START Dataset excerpts

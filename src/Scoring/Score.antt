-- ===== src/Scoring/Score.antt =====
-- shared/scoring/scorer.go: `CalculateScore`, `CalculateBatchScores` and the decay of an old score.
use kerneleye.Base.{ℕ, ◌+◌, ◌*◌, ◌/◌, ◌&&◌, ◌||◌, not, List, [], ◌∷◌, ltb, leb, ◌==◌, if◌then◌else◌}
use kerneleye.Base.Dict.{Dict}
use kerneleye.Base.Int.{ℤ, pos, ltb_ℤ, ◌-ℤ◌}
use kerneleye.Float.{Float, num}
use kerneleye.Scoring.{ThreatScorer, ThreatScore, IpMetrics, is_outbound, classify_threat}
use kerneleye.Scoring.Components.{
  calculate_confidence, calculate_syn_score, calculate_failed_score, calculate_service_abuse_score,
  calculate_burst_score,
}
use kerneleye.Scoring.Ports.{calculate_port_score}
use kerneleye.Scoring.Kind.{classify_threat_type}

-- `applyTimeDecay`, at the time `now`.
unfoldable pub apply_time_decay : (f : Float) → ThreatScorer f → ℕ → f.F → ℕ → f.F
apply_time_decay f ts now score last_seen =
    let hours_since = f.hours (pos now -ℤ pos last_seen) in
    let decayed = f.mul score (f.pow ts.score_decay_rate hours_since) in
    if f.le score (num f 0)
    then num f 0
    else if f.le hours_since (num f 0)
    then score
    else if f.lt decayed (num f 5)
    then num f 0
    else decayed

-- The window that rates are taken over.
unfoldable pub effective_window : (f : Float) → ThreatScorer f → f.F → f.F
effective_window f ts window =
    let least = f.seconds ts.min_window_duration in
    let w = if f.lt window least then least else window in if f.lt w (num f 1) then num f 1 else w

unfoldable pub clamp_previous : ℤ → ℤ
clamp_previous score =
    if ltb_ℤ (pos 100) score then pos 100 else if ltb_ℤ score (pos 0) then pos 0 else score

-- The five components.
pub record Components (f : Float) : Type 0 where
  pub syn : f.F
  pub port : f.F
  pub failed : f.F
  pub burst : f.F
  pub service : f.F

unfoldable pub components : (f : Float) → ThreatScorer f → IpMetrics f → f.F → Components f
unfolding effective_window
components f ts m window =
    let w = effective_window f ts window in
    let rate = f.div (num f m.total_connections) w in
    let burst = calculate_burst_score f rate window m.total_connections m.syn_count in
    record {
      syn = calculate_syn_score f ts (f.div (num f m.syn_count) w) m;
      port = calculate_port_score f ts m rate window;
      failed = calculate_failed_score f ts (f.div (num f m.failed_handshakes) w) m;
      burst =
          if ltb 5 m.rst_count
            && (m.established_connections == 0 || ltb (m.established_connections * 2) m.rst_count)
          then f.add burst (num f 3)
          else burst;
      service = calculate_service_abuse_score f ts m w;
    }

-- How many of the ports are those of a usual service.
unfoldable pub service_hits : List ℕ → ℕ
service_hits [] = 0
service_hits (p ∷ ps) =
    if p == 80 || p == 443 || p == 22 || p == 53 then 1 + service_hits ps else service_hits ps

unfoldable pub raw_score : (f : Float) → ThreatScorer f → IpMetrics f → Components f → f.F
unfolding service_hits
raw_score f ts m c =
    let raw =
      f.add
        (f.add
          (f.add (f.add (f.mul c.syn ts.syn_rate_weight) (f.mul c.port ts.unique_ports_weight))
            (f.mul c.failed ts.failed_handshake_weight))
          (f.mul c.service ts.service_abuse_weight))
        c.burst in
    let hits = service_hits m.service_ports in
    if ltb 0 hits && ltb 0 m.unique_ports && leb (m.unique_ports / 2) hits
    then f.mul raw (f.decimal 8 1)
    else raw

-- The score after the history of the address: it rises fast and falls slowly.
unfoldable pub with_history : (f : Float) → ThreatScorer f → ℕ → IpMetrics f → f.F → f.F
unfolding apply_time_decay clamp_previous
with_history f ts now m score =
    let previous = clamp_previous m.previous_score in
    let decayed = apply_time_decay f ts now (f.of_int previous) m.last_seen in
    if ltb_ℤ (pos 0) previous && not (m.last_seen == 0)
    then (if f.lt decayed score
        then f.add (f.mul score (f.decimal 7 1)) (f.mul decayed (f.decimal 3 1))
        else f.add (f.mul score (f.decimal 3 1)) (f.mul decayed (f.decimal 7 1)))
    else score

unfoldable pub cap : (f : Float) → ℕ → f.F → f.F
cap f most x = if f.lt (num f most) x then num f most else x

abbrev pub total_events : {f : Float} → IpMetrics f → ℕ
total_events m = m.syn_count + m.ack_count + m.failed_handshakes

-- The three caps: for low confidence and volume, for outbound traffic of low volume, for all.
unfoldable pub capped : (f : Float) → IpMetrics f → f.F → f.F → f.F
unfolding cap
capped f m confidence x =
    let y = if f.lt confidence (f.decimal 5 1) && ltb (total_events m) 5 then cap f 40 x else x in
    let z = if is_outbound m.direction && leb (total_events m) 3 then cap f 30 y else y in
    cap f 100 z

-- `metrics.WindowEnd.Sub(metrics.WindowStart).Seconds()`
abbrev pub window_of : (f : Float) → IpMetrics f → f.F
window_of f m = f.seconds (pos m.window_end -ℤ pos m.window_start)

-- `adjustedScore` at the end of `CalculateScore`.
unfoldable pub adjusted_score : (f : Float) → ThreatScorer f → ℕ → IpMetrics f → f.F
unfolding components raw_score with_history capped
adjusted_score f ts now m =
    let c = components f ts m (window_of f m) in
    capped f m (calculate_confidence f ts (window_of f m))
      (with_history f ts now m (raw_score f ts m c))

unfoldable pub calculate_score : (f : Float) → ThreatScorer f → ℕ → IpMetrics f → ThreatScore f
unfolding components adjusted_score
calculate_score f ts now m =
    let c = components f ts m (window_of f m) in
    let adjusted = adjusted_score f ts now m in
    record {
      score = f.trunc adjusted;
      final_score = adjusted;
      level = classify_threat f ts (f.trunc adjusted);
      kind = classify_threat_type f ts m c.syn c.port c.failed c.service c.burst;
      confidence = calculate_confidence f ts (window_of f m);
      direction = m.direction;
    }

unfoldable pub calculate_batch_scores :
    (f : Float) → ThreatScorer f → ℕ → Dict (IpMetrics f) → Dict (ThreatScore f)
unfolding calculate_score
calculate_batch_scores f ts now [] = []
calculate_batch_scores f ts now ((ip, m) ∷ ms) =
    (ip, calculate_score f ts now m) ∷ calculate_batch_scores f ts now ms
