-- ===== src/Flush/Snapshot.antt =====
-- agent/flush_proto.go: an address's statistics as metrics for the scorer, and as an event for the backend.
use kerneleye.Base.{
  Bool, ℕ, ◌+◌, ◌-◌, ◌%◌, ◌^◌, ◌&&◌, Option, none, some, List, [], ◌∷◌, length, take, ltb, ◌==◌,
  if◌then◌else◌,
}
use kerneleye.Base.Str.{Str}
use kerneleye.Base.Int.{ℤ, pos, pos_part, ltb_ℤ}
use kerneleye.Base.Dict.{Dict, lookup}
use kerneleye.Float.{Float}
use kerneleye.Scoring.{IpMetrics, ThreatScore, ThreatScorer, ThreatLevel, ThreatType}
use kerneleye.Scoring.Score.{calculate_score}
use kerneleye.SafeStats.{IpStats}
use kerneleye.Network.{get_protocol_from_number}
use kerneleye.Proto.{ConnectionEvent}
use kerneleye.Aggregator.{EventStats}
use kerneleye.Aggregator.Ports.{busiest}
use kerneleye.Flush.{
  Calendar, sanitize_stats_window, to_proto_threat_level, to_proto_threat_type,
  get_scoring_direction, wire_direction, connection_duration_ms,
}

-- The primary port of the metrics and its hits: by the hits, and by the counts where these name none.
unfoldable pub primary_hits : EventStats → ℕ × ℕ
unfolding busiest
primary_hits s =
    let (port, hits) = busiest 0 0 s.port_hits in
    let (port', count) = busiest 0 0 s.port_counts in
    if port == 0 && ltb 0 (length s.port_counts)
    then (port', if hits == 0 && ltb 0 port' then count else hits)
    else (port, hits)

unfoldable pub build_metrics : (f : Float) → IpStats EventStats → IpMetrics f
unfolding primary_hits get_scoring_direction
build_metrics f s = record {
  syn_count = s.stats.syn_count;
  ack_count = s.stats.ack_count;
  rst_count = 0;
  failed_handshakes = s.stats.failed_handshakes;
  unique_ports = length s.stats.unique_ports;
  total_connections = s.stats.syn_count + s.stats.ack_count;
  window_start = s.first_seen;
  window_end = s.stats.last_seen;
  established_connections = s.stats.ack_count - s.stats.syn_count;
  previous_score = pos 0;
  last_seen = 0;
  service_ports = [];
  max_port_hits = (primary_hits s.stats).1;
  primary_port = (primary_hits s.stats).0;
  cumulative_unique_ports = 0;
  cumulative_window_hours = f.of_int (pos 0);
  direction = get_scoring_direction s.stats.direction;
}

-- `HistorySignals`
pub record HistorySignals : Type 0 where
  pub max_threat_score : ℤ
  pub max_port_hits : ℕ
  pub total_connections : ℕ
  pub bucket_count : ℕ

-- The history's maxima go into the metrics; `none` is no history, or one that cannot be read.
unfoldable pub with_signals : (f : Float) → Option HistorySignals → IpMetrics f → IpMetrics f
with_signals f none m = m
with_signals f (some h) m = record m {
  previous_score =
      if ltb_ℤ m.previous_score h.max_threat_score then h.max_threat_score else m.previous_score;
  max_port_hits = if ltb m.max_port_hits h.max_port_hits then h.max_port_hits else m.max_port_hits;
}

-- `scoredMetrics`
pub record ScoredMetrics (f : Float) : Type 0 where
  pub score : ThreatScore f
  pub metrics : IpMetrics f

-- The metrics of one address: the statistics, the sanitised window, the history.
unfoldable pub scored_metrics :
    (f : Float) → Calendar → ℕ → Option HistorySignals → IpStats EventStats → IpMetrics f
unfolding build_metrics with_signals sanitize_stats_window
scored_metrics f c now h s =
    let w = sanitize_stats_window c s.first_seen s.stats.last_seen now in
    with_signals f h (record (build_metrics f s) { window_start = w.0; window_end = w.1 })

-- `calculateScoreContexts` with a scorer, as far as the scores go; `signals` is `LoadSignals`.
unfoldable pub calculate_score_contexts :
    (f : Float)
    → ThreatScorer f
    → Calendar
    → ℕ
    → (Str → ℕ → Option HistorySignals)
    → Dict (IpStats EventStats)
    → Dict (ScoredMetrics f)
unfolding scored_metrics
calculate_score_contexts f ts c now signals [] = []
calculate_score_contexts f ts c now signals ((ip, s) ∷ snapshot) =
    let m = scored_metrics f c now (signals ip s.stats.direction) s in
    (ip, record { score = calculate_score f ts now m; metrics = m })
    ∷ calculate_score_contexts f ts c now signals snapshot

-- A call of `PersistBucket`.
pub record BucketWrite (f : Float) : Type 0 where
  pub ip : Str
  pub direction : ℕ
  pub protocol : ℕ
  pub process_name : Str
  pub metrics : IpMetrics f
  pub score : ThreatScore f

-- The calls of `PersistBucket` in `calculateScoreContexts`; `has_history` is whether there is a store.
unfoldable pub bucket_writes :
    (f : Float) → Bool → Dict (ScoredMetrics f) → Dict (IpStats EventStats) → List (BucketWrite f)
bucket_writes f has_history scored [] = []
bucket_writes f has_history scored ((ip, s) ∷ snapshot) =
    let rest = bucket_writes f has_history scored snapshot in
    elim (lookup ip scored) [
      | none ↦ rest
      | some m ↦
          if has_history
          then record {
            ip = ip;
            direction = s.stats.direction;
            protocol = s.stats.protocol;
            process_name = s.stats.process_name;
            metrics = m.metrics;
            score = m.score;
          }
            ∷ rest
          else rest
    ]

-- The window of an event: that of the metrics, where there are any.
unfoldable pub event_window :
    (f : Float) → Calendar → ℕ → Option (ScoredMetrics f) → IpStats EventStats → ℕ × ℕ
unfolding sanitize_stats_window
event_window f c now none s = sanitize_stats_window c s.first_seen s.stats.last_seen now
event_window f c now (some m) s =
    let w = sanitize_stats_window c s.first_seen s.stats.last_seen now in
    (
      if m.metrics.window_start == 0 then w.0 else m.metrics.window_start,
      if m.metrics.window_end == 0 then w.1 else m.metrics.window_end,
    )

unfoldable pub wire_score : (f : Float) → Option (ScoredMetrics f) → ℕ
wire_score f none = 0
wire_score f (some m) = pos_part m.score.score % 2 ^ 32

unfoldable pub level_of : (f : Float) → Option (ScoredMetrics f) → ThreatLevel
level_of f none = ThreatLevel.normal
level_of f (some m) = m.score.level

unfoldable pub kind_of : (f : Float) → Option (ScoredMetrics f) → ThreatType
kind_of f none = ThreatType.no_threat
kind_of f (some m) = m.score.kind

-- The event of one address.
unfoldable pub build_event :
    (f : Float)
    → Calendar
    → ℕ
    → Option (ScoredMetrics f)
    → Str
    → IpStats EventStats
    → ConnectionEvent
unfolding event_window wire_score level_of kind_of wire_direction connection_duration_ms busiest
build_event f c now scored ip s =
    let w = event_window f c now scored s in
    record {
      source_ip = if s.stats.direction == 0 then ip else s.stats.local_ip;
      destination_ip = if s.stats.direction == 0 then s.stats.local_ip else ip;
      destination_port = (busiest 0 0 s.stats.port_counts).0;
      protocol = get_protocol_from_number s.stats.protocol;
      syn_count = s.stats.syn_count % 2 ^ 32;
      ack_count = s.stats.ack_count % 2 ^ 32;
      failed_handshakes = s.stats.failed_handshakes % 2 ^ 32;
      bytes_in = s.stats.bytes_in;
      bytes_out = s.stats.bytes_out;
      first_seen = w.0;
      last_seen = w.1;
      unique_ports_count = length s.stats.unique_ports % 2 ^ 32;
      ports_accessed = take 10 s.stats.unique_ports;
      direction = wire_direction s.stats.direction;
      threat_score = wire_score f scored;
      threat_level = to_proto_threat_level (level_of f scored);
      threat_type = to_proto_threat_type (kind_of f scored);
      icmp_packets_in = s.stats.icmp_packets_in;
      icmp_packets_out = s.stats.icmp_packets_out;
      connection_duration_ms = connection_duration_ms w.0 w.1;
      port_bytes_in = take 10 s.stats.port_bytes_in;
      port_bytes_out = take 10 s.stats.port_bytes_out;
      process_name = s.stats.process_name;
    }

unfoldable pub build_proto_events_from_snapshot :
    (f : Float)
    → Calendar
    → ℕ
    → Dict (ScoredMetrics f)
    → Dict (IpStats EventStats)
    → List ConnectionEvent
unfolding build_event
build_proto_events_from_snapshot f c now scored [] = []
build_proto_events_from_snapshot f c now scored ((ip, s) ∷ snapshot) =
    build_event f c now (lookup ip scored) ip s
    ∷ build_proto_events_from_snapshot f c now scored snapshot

END Dataset excerpts

Aim of the exercise
Look at the material above and copy, word for word, its lines from the first through the one containing "-- The window that rates are taken over.".

The answer
filename src/Scoring/Score.antt
-- ===== src/Scoring/Score.antt =====
-- shared/scoring/scorer.go: `CalculateScore`, `CalculateBatchScores` and the decay of an old score.
use kerneleye.Base.{ℕ, ◌+◌, ◌*◌, ◌/◌, ◌&&◌, ◌||◌, not, List, [], ◌∷◌, ltb, leb, ◌==◌, if◌then◌else◌}
use kerneleye.Base.Dict.{Dict}
use kerneleye.Base.Int.{ℤ, pos, ltb_ℤ, ◌-ℤ◌}
use kerneleye.Float.{Float, num}
use kerneleye.Scoring.{ThreatScorer, ThreatScore, IpMetrics, is_outbound, classify_threat}
use kerneleye.Scoring.Components.{
  calculate_confidence, calculate_syn_score, calculate_failed_score, calculate_service_abuse_score,
  calculate_burst_score,
}
use kerneleye.Scoring.Ports.{calculate_port_score}
use kerneleye.Scoring.Kind.{classify_threat_type}

-- `applyTimeDecay`, at the time `now`.
unfoldable pub apply_time_decay : (f : Float) → ThreatScorer f → ℕ → f.F → ℕ → f.F
apply_time_decay f ts now score last_seen =
    let hours_since = f.hours (pos now -ℤ pos last_seen) in
    let decayed = f.mul score (f.pow ts.score_decay_rate hours_since) in
    if f.le score (num f 0)
    then num f 0
    else if f.le hours_since (num f 0)
    then score
    else if f.lt decayed (num f 5)
    then num f 0
    else decayed

-- The window that rates are taken over.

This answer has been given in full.